◆ TASK BRIEF ◆
Show all lines of the listing that hold the word "answer".

◆ GIVEN DATA ◆
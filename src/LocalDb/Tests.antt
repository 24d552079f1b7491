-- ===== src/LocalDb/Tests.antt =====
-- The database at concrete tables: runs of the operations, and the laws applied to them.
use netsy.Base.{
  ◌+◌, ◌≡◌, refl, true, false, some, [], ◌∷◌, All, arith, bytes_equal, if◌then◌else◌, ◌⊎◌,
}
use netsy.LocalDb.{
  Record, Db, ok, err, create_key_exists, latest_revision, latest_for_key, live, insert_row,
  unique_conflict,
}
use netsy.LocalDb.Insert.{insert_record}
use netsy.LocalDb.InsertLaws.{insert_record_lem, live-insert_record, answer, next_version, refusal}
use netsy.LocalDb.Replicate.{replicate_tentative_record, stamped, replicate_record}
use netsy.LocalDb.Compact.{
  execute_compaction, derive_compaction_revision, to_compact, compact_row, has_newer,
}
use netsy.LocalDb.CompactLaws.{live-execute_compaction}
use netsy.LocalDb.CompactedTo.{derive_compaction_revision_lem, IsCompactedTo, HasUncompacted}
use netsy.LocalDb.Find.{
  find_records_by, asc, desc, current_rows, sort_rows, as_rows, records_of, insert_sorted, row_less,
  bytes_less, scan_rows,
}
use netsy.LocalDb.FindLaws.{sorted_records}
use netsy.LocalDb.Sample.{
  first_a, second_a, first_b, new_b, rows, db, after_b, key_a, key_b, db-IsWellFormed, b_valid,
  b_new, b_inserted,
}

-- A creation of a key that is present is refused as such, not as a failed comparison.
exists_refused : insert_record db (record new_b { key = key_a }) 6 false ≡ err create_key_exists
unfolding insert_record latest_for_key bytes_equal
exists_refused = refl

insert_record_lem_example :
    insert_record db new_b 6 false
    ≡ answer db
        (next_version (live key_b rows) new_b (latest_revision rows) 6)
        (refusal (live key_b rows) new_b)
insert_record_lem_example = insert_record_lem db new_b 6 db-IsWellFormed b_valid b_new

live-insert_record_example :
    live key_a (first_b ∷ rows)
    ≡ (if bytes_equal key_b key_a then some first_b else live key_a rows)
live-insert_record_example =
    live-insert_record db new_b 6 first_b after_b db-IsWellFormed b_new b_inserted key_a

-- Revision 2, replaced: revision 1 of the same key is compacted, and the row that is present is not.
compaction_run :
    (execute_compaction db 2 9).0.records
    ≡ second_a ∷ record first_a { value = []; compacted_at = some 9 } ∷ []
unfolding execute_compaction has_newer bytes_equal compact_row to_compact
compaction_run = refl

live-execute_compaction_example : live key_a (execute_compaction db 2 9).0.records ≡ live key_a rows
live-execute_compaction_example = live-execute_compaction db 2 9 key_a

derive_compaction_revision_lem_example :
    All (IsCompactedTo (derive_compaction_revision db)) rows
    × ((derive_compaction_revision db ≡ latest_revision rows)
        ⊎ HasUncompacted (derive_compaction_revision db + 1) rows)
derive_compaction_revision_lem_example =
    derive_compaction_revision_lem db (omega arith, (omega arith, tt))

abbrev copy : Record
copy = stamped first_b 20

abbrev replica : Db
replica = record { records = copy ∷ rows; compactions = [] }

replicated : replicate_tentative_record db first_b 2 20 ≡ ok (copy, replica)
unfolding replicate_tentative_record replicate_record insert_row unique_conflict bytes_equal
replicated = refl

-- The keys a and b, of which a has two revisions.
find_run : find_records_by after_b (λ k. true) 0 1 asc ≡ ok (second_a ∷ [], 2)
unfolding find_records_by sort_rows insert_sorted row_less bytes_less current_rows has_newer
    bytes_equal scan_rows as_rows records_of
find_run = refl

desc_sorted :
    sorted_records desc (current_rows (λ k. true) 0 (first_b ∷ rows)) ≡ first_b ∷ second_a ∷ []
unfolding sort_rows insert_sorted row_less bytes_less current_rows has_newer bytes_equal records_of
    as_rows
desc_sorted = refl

==

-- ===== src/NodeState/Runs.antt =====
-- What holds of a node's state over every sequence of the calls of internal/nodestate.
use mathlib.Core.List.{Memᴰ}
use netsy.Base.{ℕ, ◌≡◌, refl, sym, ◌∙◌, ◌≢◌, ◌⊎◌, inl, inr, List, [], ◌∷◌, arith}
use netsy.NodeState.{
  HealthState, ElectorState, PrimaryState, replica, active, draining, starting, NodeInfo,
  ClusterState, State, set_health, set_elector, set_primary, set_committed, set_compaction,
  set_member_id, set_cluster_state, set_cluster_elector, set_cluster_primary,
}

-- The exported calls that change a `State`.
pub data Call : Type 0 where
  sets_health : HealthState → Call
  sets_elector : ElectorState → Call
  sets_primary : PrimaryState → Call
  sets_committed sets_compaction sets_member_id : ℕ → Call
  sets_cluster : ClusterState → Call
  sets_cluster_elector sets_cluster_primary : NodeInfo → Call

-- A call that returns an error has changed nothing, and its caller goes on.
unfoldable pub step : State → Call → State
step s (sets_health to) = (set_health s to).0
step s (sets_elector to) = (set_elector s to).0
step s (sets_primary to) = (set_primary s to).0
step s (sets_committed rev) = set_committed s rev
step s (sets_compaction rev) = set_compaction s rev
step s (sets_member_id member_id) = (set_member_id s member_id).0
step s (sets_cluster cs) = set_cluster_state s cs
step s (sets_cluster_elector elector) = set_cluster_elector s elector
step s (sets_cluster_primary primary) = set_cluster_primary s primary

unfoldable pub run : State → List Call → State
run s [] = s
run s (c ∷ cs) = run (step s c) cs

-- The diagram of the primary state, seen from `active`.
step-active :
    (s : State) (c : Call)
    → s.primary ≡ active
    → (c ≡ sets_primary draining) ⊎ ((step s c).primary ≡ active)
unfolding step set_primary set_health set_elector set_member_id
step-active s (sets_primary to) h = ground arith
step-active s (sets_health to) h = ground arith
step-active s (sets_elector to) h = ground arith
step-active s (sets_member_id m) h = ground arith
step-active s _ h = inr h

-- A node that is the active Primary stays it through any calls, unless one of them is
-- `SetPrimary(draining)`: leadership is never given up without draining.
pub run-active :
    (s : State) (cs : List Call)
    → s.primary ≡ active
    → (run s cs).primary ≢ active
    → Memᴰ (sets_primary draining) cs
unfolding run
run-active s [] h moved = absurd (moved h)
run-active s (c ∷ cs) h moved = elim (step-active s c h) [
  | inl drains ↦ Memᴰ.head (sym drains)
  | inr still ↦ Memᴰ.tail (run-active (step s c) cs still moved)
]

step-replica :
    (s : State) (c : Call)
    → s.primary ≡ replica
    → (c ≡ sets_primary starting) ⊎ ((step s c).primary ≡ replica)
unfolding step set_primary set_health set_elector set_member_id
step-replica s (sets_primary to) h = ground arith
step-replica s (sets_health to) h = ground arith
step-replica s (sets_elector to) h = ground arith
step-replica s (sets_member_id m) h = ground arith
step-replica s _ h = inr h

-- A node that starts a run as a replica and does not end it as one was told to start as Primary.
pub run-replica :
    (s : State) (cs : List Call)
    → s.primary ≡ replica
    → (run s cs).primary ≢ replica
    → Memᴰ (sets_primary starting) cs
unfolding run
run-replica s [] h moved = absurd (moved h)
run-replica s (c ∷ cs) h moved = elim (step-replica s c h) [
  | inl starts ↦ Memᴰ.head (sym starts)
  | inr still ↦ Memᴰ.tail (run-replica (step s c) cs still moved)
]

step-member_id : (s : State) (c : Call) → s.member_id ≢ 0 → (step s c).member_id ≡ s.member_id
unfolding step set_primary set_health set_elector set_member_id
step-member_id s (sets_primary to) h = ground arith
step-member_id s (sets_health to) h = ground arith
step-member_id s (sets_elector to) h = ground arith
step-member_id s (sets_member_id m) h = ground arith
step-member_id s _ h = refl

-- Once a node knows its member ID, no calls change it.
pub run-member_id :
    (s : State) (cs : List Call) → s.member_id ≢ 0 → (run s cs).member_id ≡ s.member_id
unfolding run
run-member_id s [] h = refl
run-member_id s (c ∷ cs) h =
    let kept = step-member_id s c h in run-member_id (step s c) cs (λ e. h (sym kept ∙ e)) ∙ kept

...

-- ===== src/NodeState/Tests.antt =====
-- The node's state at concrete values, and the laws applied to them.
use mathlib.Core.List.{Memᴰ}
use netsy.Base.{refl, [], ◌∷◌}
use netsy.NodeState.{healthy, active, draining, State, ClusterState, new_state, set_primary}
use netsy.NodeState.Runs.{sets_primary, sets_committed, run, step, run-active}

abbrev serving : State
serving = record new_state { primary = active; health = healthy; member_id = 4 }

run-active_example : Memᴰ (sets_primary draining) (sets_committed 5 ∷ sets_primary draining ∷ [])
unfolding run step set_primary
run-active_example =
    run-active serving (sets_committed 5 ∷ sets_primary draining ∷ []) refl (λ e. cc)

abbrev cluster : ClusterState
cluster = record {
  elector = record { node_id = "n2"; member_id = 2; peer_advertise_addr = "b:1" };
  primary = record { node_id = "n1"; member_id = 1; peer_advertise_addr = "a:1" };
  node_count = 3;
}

◆ FINISHED EXERCISE ◆
use netsy.LocalDb.InsertLaws.{insert_record_lem, live-insert_record, answer, next_version, refusal}
    ≡ answer db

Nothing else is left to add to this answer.